=== DATA SECTION ===
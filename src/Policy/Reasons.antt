-- ===== src/Policy/Reasons.antt =====
-- crates/serctl_policy/src/lib.rs: the names of the reasons, and which refusals no policy changes.
use serctl.Policy.Defs.{
  allowed, schema_invalid, schema_unsupported, policy_too_large, policy_limit_exceeded,
  capability_expands_base, identity_expands_base, program_expands_base, environment_expands_base,
  invariant_root_run_as, invariant_command_interpreter, invariant_shell_command_flag,
  invariant_dangerous_program, invariant_environment_injection, invariant_control_character,
  invariant_path_traversal, invariant_path_not_absolute, invariant_ambiguous_path,
  intent_shape_mismatch, intent_capability_denied, intent_identity_denied, intent_program_denied,
  intent_environment_denied, intent_path_denied, intent_deadline_invalid, intent_deadline_exceeded,
  intent_budget_invalid, intent_budget_exceeded, intent_argument_limit_exceeded,
  intent_environment_limit_exceeded, intent_path_limit_exceeded, ReasonCode,
}
use serctl.Common.{refl, [], List, Bytes, bytes_eq, lit, ◌∷◌, ◌≡◌, if◌then◌else◌, sym, ◌∙◌, ap}

unfoldable pub as_str : ReasonCode → Bytes
as_str allowed = lit "allowed"
as_str schema_invalid = lit "schema.invalid"
as_str schema_unsupported = lit "schema.unsupported"
as_str policy_too_large = lit "policy.too_large"
as_str policy_limit_exceeded = lit "policy.limit_exceeded"
as_str capability_expands_base = lit "policy.capability_expands_base"
as_str identity_expands_base = lit "policy.identity_expands_base"
as_str program_expands_base = lit "policy.program_expands_base"
as_str environment_expands_base = lit "policy.environment_expands_base"
as_str invariant_root_run_as = lit "invariant.root_run_as"
as_str invariant_command_interpreter = lit "invariant.command_interpreter"
as_str invariant_shell_command_flag = lit "invariant.shell_command_flag"
as_str invariant_dangerous_program = lit "invariant.dangerous_program"
as_str invariant_environment_injection = lit "invariant.environment_injection"
as_str invariant_control_character = lit "invariant.control_character"
as_str invariant_path_traversal = lit "invariant.path_traversal"
as_str invariant_path_not_absolute = lit "invariant.path_not_absolute"
as_str invariant_ambiguous_path = lit "invariant.ambiguous_path"
as_str intent_shape_mismatch = lit "intent.shape_mismatch"
as_str intent_capability_denied = lit "intent.capability_denied"
as_str intent_identity_denied = lit "intent.identity_denied"
as_str intent_program_denied = lit "intent.program_denied"
as_str intent_environment_denied = lit "intent.environment_denied"
as_str intent_path_denied = lit "intent.path_denied"
as_str intent_deadline_invalid = lit "intent.deadline_invalid"
as_str intent_deadline_exceeded = lit "intent.deadline_exceeded"
as_str intent_budget_invalid = lit "intent.budget_invalid"
as_str intent_budget_exceeded = lit "intent.budget_exceeded"
as_str intent_argument_limit_exceeded = lit "intent.argument_limit_exceeded"
as_str intent_environment_limit_exceeded = lit "intent.environment_limit_exceeded"
as_str intent_path_limit_exceeded = lit "intent.path_limit_exceeded"

reasons : List ReasonCode
reasons =
    allowed ∷ schema_invalid ∷ schema_unsupported ∷ policy_too_large ∷ policy_limit_exceeded
    ∷ capability_expands_base ∷ identity_expands_base ∷ program_expands_base
    ∷ environment_expands_base ∷ invariant_root_run_as ∷ invariant_command_interpreter
    ∷ invariant_shell_command_flag ∷ invariant_dangerous_program ∷ invariant_environment_injection
    ∷ invariant_control_character ∷ invariant_path_traversal ∷ invariant_path_not_absolute
    ∷ invariant_ambiguous_path ∷ intent_shape_mismatch ∷ intent_capability_denied
    ∷ intent_identity_denied ∷ intent_program_denied ∷ intent_environment_denied
    ∷ intent_path_denied ∷ intent_deadline_invalid ∷ intent_deadline_exceeded
    ∷ intent_budget_invalid ∷ intent_budget_exceeded ∷ intent_argument_limit_exceeded
    ∷ intent_environment_limit_exceeded ∷ intent_path_limit_exceeded ∷ []

-- the first reason of the list with the name
find_reason : Bytes → List ReasonCode → ReasonCode
find_reason name [] = allowed
find_reason name (r ∷ rs) =
    let rest = find_reason name rs in if bytes_eq (as_str r) name then r else rest

find-as_str : (r : ReasonCode) → find_reason (as_str r) reasons ≡ r
unfolding find_reason reasons as_str bytes_eq
find-as_str allowed = refl
find-as_str schema_invalid = refl
find-as_str schema_unsupported = refl
find-as_str policy_too_large = refl
find-as_str policy_limit_exceeded = refl
find-as_str capability_expands_base = refl
find-as_str identity_expands_base = refl
find-as_str program_expands_base = refl
find-as_str environment_expands_base = refl
find-as_str invariant_root_run_as = refl
find-as_str invariant_command_interpreter = refl
find-as_str invariant_shell_command_flag = refl
find-as_str invariant_dangerous_program = refl
find-as_str invariant_environment_injection = refl
find-as_str invariant_control_character = refl
find-as_str invariant_path_traversal = refl
find-as_str invariant_path_not_absolute = refl
find-as_str invariant_ambiguous_path = refl
find-as_str intent_shape_mismatch = refl
find-as_str intent_capability_denied = refl
find-as_str intent_identity_denied = refl
find-as_str intent_program_denied = refl
find-as_str intent_environment_denied = refl
find-as_str intent_path_denied = refl
find-as_str intent_deadline_invalid = refl
find-as_str intent_deadline_exceeded = refl
find-as_str intent_budget_invalid = refl
find-as_str intent_budget_exceeded = refl
find-as_str intent_argument_limit_exceeded = refl
find-as_str intent_environment_limit_exceeded = refl
find-as_str intent_path_limit_exceeded = refl

-- No two reasons have the same name.
pub as_str-injective : (r t : ReasonCode) → as_str r ≡ as_str t → r ≡ t
as_str-injective r t h =
    sym (find-as_str r) ∙ ap (λ (name : Bytes). find_reason name reasons) h ∙ find-as_str t
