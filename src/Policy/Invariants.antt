-- ===== src/Policy/Invariants.antt =====
-- The refusals that no policy changes.
use serctl.Policy.Defs.{ReasonCode, EffectiveLimits, PolicyIr, TypedIntent}
use serctl.Common.{false, err, starts_with, Bool, lit, ◌≡◌, arith, true, inl, inr, Result-cases}
use serctl.Policy.Reasons.{as_str}
use serctl.Policy.Evaluate.{
  validate_intent_deadline_and_budget, check_policy, Normalized, evaluate_intent, normalize_intent,
}

-- The name of the reason is under `invariant.`.
unfoldable pub is_invariant : ReasonCode → Bool
unfolding as_str starts_with
is_invariant r = starts_with (lit "invariant.") (as_str r)

budget-not-invariant :
    (limits : EffectiveLimits) (i : TypedIntent) (r : ReasonCode)
    → validate_intent_deadline_and_budget limits i ≡ err r
    → is_invariant r ≡ false
unfolding validate_intent_deadline_and_budget is_invariant
budget-not-invariant limits i r h = ground arith

check_policy-not-invariant :
    (ir : PolicyIr) (i : TypedIntent) (found : Normalized) (r : ReasonCode)
    → check_policy ir i found ≡ err r
    → is_invariant r ≡ false
unfolding check_policy is_invariant
check_policy-not-invariant ir i found r h = ground (arith, budget-not-invariant ir.limits i r)

-- No policy changes an `invariant.` refusal: an intent that one policy refuses with a reason named
-- under `invariant.` is refused with the same reason by every other policy.
pub invariant-every_policy :
    (p q : PolicyIr) (i : TypedIntent) (r : ReasonCode)
    → is_invariant r ≡ true
    → evaluate_intent p i ≡ err r
    → evaluate_intent q i ≡ err r
unfolding evaluate_intent
invariant-every_policy p q i r inv h = elim (Result-cases (normalize_intent i)) [
  | inl (e, k) ↦ ground arith
  | inr (found, k) ↦ ground (arith, check_policy-not-invariant p i found r)
]
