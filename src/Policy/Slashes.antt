-- ===== src/Policy/Slashes.antt =====
-- Texts taken apart at their slashes and joined again.
use serctl.Common.{
  refl, false, inl, inr, [], Bytes, contains_byte, ℕ, is_empty, ◌≡◌, List, Bool, ◌∷◌, ◌==◌, All,
  ◌++◌, any, ◌∙◌, length, Bool-cases, arith, ap, ◌||◌, sym, ◌≤◌, List-cases, length-append,
}
use serctl.Policy.Paths.{onto_first, split, join_slash, nonempty}

-- The piece has no slash.
abbrev pub NoSlash : Bytes → Type 0
NoSlash c = contains_byte 47 c ≡ false

onto_first-join :
    (b : ℕ) (cs : List Bytes)
    → is_empty cs ≡ false
    → join_slash (onto_first b cs) ≡ (b ∷ join_slash cs)
unfolding onto_first join_slash
onto_first-join b [] h = cc
onto_first-join b (c ∷ []) h = refl
onto_first-join b (c ∷ d ∷ cs) h = refl

split-nonempty : (s : Bytes) → is_empty (split 47 s) ≡ false
unfolding split onto_first
split-nonempty [] = refl
split-nonempty (b ∷ s) = elim (Bool-cases (b == 47)) [
  | inl e ↦ ground arith
  | inr e ↦ elim (List-cases (split 47 s)) [ inl k ↦ ground arith | inr (c, cs, k) ↦ ground arith ]
]

-- Splitting a text and joining the pieces gives it back.
pub join_slash-split : (s : Bytes) → join_slash (split 47 s) ≡ s
unfolding split join_slash
join_slash-split [] = refl
join_slash-split (b ∷ s) = elim (Bool-cases (b == 47)) [
  | inl e ↦ elim (List-cases (split 47 s)) [
    | inl k ↦ ground (arith, split-nonempty s)
    | inr (c, cs, k) ↦ ground (arith, join_slash-split s)
  ]
  | inr e ↦ ground (arith, onto_first-join b (split 47 s) (split-nonempty s), join_slash-split s)
]

onto_first-NoSlash :
    (b : ℕ) (cs : List Bytes) → (b == 47) ≡ false → All NoSlash cs → All NoSlash (onto_first b cs)
unfolding onto_first contains_byte
onto_first-NoSlash b [] e h = ground arith
onto_first-NoSlash b (c ∷ cs) e h = ground arith

pub split-NoSlash : (s : Bytes) → All NoSlash (split 47 s)
unfolding split contains_byte
split-NoSlash [] = ground arith
split-NoSlash (b ∷ s) = ground (arith, split-NoSlash s, onto_first-NoSlash b (split 47 s))

split-piece : (c : Bytes) → NoSlash c → split 47 c ≡ (c ∷ [])
unfolding split onto_first contains_byte
split-piece [] h = refl
split-piece (b ∷ c) h = ground (arith, split-piece c)

split-append : (c s : Bytes) → NoSlash c → split 47 (c ++ (47 ∷ s)) ≡ (c ∷ split 47 s)
unfolding split onto_first contains_byte
split-append [] s h = ground arith
split-append (b ∷ c) s h = ground (arith, split-append c s)

-- Joining pieces without slashes and splitting gives them back.
pub split-join_slash :
    (c : Bytes) (cs : List Bytes) → All NoSlash (c ∷ cs) → split 47 (join_slash (c ∷ cs)) ≡ (c ∷ cs)
unfolding join_slash
split-join_slash c [] h = split-piece c h.0
split-join_slash c (d ∷ cs) h =
    split-append c (join_slash (d ∷ cs)) h.0 ∙ ap (λ l. c ∷ l) (split-join_slash d cs h.1)

-- The test of a text looks at each piece between slashes by itself.
abbrev pub IsLocal : (Bytes → Bool) → Type 0
IsLocal p = (p [] ≡ false) × ((c s : Bytes) → p (c ++ (47 ∷ s)) ≡ (p c || p s))

pub join_slash-IsLocal :
    (p : Bytes → Bool) (cs : List Bytes) → IsLocal p → p (join_slash cs) ≡ any p cs
unfolding join_slash
join_slash-IsLocal p [] h = h.0
join_slash-IsLocal p (c ∷ []) h = ground arith
join_slash-IsLocal p (c ∷ d ∷ cs) h =
    ground (arith, h.1 c (join_slash (d ∷ cs)), join_slash-IsLocal p (d ∷ cs) h)

pub split-IsLocal : (p : Bytes → Bool) (s : Bytes) → IsLocal p → any p (split 47 s) ≡ p s
split-IsLocal p s h = sym (join_slash-IsLocal p (split 47 s) h) ∙ ap p (join_slash-split s)

pub any-nonempty : (p : Bytes → Bool) (cs : List Bytes) → IsLocal p → any p (nonempty cs) ≡ any p cs
unfolding nonempty
any-nonempty p [] h = refl
any-nonempty p ([] ∷ cs) h = ground (arith, any-nonempty p cs h, h.0)
any-nonempty p ((b ∷ c) ∷ cs) h = ground (arith, any-nonempty p cs h)

-- A local test of what is left after the empty pieces are dropped is that of the text.
pub components-IsLocal :
    (p : Bytes → Bool) (s : Bytes) → IsLocal p → p (join_slash (nonempty (split 47 s))) ≡ p s
components-IsLocal p s h =
    join_slash-IsLocal p (nonempty (split 47 s)) h
    ∙ any-nonempty p (split 47 s) h
    ∙ split-IsLocal p s h

pub nonempty-NoSlash : (cs : List Bytes) → All NoSlash cs → All NoSlash (nonempty cs)
unfolding nonempty
nonempty-NoSlash [] h = tt
nonempty-NoSlash ([] ∷ cs) h = nonempty-NoSlash cs h.1
nonempty-NoSlash ((b ∷ c) ∷ cs) h = (h.0, nonempty-NoSlash cs h.1)

pub nonempty_idem : (cs : List Bytes) → nonempty (nonempty cs) ≡ nonempty cs
unfolding nonempty
nonempty_idem [] = refl
nonempty_idem ([] ∷ cs) = nonempty_idem cs
nonempty_idem ((b ∷ c) ∷ cs) = ap (λ l. (b ∷ c) ∷ l) (nonempty_idem cs)

pub length-nonempty : (cs : List Bytes) → length (join_slash (nonempty cs)) ≤ length (join_slash cs)
unfolding nonempty join_slash
length-nonempty [] = omega arith
length-nonempty ([] ∷ []) = omega arith
length-nonempty ([] ∷ d ∷ cs) = ground (arith, length-nonempty (d ∷ cs))
length-nonempty ((b ∷ c) ∷ []) = omega arith
length-nonempty ((b ∷ c) ∷ d ∷ cs) =
    let tail = length-nonempty (d ∷ cs) in
    elim (List-cases (nonempty (d ∷ cs))) [
      | inl k ↦ ground (arith, length-append (b ∷ c) (47 ∷ join_slash (d ∷ cs)))
      | inr (e, es, k) ↦ ground (
        arith,
        tail,
        length-append (b ∷ c) (47 ∷ join_slash (d ∷ cs)),
        length-append (b ∷ c) (47 ∷ join_slash (e ∷ es)),
      )
    ]
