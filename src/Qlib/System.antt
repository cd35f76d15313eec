-- ===== src/Qlib/System.antt =====
-- qlib/qlib.go, NewLink: all links of a server, what they share, and the steps that they take.
pub mod Calls
pub mod Owned
pub mod Ended
pub mod Exclusive
mod Tests
use mnm.Prelude.{ℕ, ◌≡◌, Bool, Option, none, some, [], Text, lookup, insert, ◌==◌, if◌then◌else◌}
use mnm.Qlib.Header.{Header}
use mnm.Qlib.Quit.{Quit}
use mnm.Qlib.Stream.{Stream}
use mnm.Qlib.Store.{Store}
use mnm.Qlib.Server.{Queue, Server, Link, Env, new_link}
use mnm.Qlib.Handle.Dispatch.{handle_msg}
use mnm.Qlib.Link.{end_link}

-- The links by the number of their connection, and what they share.
pub record System : Type 0 where
  pub links : ℕ → Option Link
  pub server : Server

abbrev pub put : ℕ → Option Link → (ℕ → Option Link) → ℕ → Option Link
put i v links j = if j == i then v else links j

-- The link that is there after a call that it makes, or none, and the server.
abbrev pub after : System → ℕ → Option Link → Server → System
after s i v t = record { links = put i v s.links; server = t }

abbrev pub handling : Env → System → ℕ → Link → ℕ → Header → Text → System
handling env s i l space h bytes =
    let t = (handle_msg env space h bytes (record { link = l; server = s.server })).1 in
    after s i (some t.link) t.server

abbrev pub ending : Env → System → ℕ → Link → Quit → System
ending env s i l q =
    after s i none (end_link env q (record { link = l; server = s.server })).1.server

-- The states that the system reaches, where a message is handled, or a link ended, before another
-- link's is: from a start without links and queues, by connections, what clients send, messages of
-- links, ends of links, and what the runner of a queue does to the store and to all but the mark of
-- its queue.
pub data Reached (env : Env) : System → Type 0 where
  boots :
      (t : Server) → Reached env (record { links = λ i. none; server = record t { nodes = [] } })
  connects :
      (s : System) (i : ℕ) (r : Stream)
      → s.links i ≡ none
      → Reached env s
      → Reached env (after s i (some (new_link r)) s.server)
  receives :
      (s : System) (i : ℕ) (l : Link) (r : Stream)
      → s.links i ≡ some l
      → Reached env s
      → Reached env (after s i (some (record l { stream = r })) s.server)
  handles :
      (s : System) (i : ℕ) (l : Link) (space : ℕ) (h : Header) (bytes : Text)
      → s.links i ≡ some l
      → Reached env s
      → Reached env (handling env s i l space h bytes)
  ends :
      (s : System) (i : ℕ) (l : Link) (q : Quit)
      → s.links i ≡ some l
      → Reached env s
      → Reached env (ending env s i l q)
  runs :
      (s : System) (n : Text) (q q' : Queue) (st : Store)
      → lookup n s.server.nodes ≡ some (some q)
      → q'.has_conn ≡ q.has_conn
      → Reached env s
      → Reached env (record s {
        server = record s.server { nodes = insert n (some q') s.server.nodes; store = st };
      })
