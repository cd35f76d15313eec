-- ===== src/Qlib/System/Ended.antt =====
-- What the end of a link does to the queues that are taken.
use mnm.Prelude.{
  Option-cases, ◌≡◌, inl, inr, refl, Bool, true, false, Bool-cases, Text, lookup-insert, eq_text,
  eq_of_eq_text, if◌then◌else◌, not, ◌&&◌, is_empty,
}
use mnm.Qlib.Quit.{Quit, quit_op}
use mnm.Qlib.Op.{Op, ◌>>◌, pure}
use mnm.Qlib.Server.{Server, Link, State, Env, on_server, write_msg}
use mnm.Qlib.Nodes.{queue_in, unlink}
use mnm.Qlib.Nodes.Exclusive.{IsTaken}
use mnm.Qlib.Stable.{
  Writes, Serves, Keeps, bind-Keeps, continue-Keeps, if-Keeps, pure-Keeps, on_server-Keeps,
  write_msg-Keeps,
}
use mnm.Qlib.Link.{quit_msg, is_quit, leave_ohi, end_link}
use mnm.Qlib.System.Calls.{leave_ohi-Growing}

-- The unlink of one node's queue leaves the others as they are.
unlink-others : (n n' : Text) (s : Server) → (n ≡ n' → ⊥) → IsTaken n' s → IsTaken n' (unlink n s).1
unfolding unlink
unlink-others n n' s other (q, (e, c)) = elim (Option-cases (queue_in n s.nodes)) [
  | inl f ↦ rw (f, unlink) (q, (e, c))
  | inr (q', f) ↦ elim (Bool-cases (eq_text n n')) [
    | inl k ↦ absurd (other (eq_of_eq_text n n' k))
    | inr k ↦ rw (f, unlink) (q, (rw lookup-insert (rw k e), c))
  ]
]

module _ (env : Env) (n : Text) where
  abbrev Taken : Link → Server → Type 0
  Taken l t = IsTaken n t

  writes-Taken : Writes Taken
  writes-Taken l t w p = p

  serves-Taken : Serves Taken
  serves-Taken l s t g p = g n p

  unlinks-Taken :
      (l : Link) (has : Bool) (s : State)
      → (has ≡ true → l.node ≡ n → ⊥)
      → IsTaken n s.server
      → IsTaken n ((if has then on_server (unlink l.node) else pure tt) s).1.server
  unlinks-Taken l false s other p = p
  unlinks-Taken l true s other p = unlink-others l.node n s.server (other refl) p

  -- The end of a link leaves each other node's queue taken.
  pub end_link-Taken :
      (q : Quit) (s : State)
      → (s.link.queue ≡ true → s.link.node ≡ n → ⊥)
      → IsTaken n s.server
      → IsTaken n (end_link env q s).1.server
  unfolding end_link
  end_link-Taken q s other p =
      let l = s.link in
      let tells = is_quit (quit_op q) && not (is_empty l.tmtprev) in
      let left : Op State (Unit {0}) = if l.ohi then on_server (leave_ohi env l.uid) else pure tt in
      let left-Taken : Keeps Taken left =
        if-Keeps Taken l.ohi (on_server (leave_ohi env l.uid)) (pure tt)
          (on_server-Keeps Taken serves-Taken (leave_ohi env l.uid) (leave_ohi-Growing env l.uid))
          (pure-Keeps {0} Taken tt) in
      let told : Op State (Unit {0}) = if tells then write_msg env (quit_msg q) else pure tt in
      let told-Taken : Keeps Taken told =
        if-Keeps Taken tells (write_msg env (quit_msg q)) (pure tt)
          (write_msg-Keeps Taken env (quit_msg q) writes-Taken) (pure-Keeps {0} Taken tt) in
      continue-Keeps Taken ((if l.queue then on_server (unlink l.node) else pure tt) s)
        (λ _. told >> left) (λ _. bind-Keeps Taken told (λ _. left) told-Taken (λ _. left-Taken))
        (unlinks-Taken l l.queue s other p)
===
→ **DESCRIPTION OF THE TASK**
Write down exactly the span of lines above from the one containing "l.node ≡ n → ⊥)" to the one containing "-- The end of", both ends included.

→ **OUTPUT OF THE EXERCISE**
      → (has ≡ true → l.node ≡ n → ⊥)
      → IsTaken n s.server
      → IsTaken n ((if has then on_server (unlink l.node) else pure tt) s).1.server
  unlinks-Taken l false s other p = p
  unlinks-Taken l true s other p = unlink-others l.node n s.server (other refl) p

  -- The end of a link leaves each other node's queue taken.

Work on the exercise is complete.